> **Provided records**
————————
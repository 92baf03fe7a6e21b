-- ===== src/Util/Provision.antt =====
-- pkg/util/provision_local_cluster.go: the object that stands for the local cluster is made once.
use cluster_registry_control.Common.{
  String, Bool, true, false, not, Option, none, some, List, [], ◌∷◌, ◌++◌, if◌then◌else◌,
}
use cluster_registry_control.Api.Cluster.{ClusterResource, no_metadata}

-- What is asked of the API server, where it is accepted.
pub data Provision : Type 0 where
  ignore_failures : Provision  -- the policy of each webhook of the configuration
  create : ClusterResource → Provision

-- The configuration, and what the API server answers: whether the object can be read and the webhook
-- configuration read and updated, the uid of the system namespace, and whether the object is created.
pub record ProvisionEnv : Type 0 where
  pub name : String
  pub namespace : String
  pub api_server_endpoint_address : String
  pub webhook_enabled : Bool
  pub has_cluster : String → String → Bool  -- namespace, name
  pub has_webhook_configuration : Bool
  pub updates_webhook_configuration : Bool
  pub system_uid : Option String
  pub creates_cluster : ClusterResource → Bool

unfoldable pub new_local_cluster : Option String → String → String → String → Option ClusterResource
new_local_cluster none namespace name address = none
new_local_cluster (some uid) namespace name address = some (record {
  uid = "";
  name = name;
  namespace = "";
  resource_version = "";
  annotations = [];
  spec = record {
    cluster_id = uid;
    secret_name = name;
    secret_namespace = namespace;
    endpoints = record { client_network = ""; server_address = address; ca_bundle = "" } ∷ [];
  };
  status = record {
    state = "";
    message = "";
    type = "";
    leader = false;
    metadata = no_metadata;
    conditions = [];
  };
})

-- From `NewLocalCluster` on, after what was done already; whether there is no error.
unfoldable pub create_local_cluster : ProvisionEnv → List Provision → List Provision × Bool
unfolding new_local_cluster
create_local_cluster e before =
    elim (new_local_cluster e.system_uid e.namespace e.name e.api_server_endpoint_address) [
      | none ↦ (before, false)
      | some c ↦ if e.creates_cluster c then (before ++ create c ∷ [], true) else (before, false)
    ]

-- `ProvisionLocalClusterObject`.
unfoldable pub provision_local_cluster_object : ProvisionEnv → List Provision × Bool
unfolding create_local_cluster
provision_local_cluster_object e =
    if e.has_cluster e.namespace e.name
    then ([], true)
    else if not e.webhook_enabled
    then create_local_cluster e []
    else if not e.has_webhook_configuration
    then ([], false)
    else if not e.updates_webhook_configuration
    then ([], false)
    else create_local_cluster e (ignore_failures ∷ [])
————————
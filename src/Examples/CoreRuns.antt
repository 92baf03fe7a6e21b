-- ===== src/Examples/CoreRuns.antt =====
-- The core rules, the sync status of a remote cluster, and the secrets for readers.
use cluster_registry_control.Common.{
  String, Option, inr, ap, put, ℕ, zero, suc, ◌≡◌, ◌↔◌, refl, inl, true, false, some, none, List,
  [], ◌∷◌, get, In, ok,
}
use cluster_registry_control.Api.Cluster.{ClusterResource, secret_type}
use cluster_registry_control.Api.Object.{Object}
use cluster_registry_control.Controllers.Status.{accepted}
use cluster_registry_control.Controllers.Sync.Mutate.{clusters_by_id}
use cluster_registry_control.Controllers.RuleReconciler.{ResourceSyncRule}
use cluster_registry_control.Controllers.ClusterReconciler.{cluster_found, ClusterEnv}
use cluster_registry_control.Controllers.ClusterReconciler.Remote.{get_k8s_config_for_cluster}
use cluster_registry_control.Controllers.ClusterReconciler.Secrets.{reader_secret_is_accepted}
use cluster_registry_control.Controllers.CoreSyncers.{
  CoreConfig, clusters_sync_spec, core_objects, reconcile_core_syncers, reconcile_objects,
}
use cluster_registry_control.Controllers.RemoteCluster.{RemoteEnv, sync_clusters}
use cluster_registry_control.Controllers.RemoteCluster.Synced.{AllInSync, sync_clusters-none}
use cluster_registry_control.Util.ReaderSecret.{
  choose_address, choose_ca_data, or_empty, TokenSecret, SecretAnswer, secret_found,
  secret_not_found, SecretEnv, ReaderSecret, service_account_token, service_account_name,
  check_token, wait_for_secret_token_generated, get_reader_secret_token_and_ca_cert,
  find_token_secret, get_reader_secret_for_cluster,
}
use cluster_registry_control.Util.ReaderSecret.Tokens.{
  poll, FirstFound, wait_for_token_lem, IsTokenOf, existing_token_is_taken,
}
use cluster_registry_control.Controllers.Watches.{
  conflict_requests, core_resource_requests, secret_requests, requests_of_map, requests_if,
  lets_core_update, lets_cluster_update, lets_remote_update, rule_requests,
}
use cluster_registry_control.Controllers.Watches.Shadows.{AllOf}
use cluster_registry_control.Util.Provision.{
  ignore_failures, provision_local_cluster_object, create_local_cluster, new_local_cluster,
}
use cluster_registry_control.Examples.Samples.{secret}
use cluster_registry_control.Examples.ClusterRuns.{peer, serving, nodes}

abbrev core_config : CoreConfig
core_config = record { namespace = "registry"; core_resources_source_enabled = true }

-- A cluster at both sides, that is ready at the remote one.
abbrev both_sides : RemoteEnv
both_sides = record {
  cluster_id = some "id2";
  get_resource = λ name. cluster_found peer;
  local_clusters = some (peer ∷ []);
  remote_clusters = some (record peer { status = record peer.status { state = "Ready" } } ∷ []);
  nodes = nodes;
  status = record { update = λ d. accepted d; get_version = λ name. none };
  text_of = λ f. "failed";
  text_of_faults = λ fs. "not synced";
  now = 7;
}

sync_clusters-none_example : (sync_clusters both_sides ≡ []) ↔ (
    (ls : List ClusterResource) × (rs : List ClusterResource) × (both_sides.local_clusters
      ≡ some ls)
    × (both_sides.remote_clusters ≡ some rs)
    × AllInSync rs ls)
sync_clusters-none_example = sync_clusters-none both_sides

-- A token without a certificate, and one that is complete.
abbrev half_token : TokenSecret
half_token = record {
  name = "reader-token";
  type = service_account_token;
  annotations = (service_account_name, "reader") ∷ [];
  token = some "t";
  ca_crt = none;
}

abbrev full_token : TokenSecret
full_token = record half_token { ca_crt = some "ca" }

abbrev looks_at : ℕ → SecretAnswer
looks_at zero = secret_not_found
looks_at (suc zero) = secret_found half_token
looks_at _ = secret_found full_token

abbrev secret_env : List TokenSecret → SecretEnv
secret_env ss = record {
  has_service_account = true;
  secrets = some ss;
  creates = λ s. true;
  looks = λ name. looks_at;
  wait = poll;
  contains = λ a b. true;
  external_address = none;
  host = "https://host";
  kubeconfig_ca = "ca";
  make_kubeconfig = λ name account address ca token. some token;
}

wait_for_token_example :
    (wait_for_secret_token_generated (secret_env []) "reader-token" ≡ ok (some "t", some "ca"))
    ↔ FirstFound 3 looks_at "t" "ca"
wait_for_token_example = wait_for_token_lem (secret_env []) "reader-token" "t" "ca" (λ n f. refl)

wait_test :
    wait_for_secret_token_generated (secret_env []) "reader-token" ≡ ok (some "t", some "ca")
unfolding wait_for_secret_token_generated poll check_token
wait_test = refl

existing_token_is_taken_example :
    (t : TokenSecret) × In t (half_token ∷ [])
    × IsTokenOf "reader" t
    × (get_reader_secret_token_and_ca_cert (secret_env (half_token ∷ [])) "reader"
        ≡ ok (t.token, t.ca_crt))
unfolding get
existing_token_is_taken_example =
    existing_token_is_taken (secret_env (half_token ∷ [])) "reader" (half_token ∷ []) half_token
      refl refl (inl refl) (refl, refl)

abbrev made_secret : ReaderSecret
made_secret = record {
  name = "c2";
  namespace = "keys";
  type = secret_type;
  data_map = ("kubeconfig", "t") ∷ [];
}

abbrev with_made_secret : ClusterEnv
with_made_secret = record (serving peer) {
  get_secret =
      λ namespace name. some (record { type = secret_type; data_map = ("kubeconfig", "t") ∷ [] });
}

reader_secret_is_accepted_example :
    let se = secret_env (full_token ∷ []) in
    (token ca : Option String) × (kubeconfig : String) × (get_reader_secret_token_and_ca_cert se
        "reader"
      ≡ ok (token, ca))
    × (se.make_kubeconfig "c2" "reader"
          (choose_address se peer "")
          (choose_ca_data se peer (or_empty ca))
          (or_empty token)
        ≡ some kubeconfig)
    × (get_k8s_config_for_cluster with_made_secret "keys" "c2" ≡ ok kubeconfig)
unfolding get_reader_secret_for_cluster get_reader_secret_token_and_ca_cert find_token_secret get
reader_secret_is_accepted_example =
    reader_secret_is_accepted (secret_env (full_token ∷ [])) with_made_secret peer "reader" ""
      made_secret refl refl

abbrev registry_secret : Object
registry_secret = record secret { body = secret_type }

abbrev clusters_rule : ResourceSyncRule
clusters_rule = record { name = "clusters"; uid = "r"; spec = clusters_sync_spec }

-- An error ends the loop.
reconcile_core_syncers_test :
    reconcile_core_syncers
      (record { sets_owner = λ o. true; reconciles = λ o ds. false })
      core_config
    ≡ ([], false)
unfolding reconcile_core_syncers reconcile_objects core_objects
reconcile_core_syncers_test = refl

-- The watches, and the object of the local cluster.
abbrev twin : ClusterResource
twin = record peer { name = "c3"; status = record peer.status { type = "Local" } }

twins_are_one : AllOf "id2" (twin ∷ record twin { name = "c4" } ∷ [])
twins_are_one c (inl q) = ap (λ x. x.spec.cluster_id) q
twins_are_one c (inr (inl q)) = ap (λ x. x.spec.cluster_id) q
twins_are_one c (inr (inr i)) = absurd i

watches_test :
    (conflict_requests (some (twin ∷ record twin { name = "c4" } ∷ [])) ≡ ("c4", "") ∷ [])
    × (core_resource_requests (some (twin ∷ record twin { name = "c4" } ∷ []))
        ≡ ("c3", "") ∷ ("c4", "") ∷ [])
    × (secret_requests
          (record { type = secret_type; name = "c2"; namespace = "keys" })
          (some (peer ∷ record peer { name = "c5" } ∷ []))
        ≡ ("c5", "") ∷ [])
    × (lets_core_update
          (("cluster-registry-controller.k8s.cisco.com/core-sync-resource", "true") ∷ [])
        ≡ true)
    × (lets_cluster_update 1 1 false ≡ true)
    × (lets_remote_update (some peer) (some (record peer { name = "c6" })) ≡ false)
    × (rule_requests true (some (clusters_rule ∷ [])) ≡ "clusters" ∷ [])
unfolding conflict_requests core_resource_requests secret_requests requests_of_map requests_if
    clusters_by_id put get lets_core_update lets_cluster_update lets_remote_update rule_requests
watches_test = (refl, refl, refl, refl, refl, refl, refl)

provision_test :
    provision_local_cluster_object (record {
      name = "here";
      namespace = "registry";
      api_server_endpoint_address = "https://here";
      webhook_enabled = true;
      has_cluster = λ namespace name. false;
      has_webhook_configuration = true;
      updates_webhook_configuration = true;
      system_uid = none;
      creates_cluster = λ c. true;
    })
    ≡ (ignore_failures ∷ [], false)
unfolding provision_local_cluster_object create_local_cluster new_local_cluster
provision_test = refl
————————
> **Task statement**
Number of lines above containing "Examples": state it and nothing else.

> **Solution**
4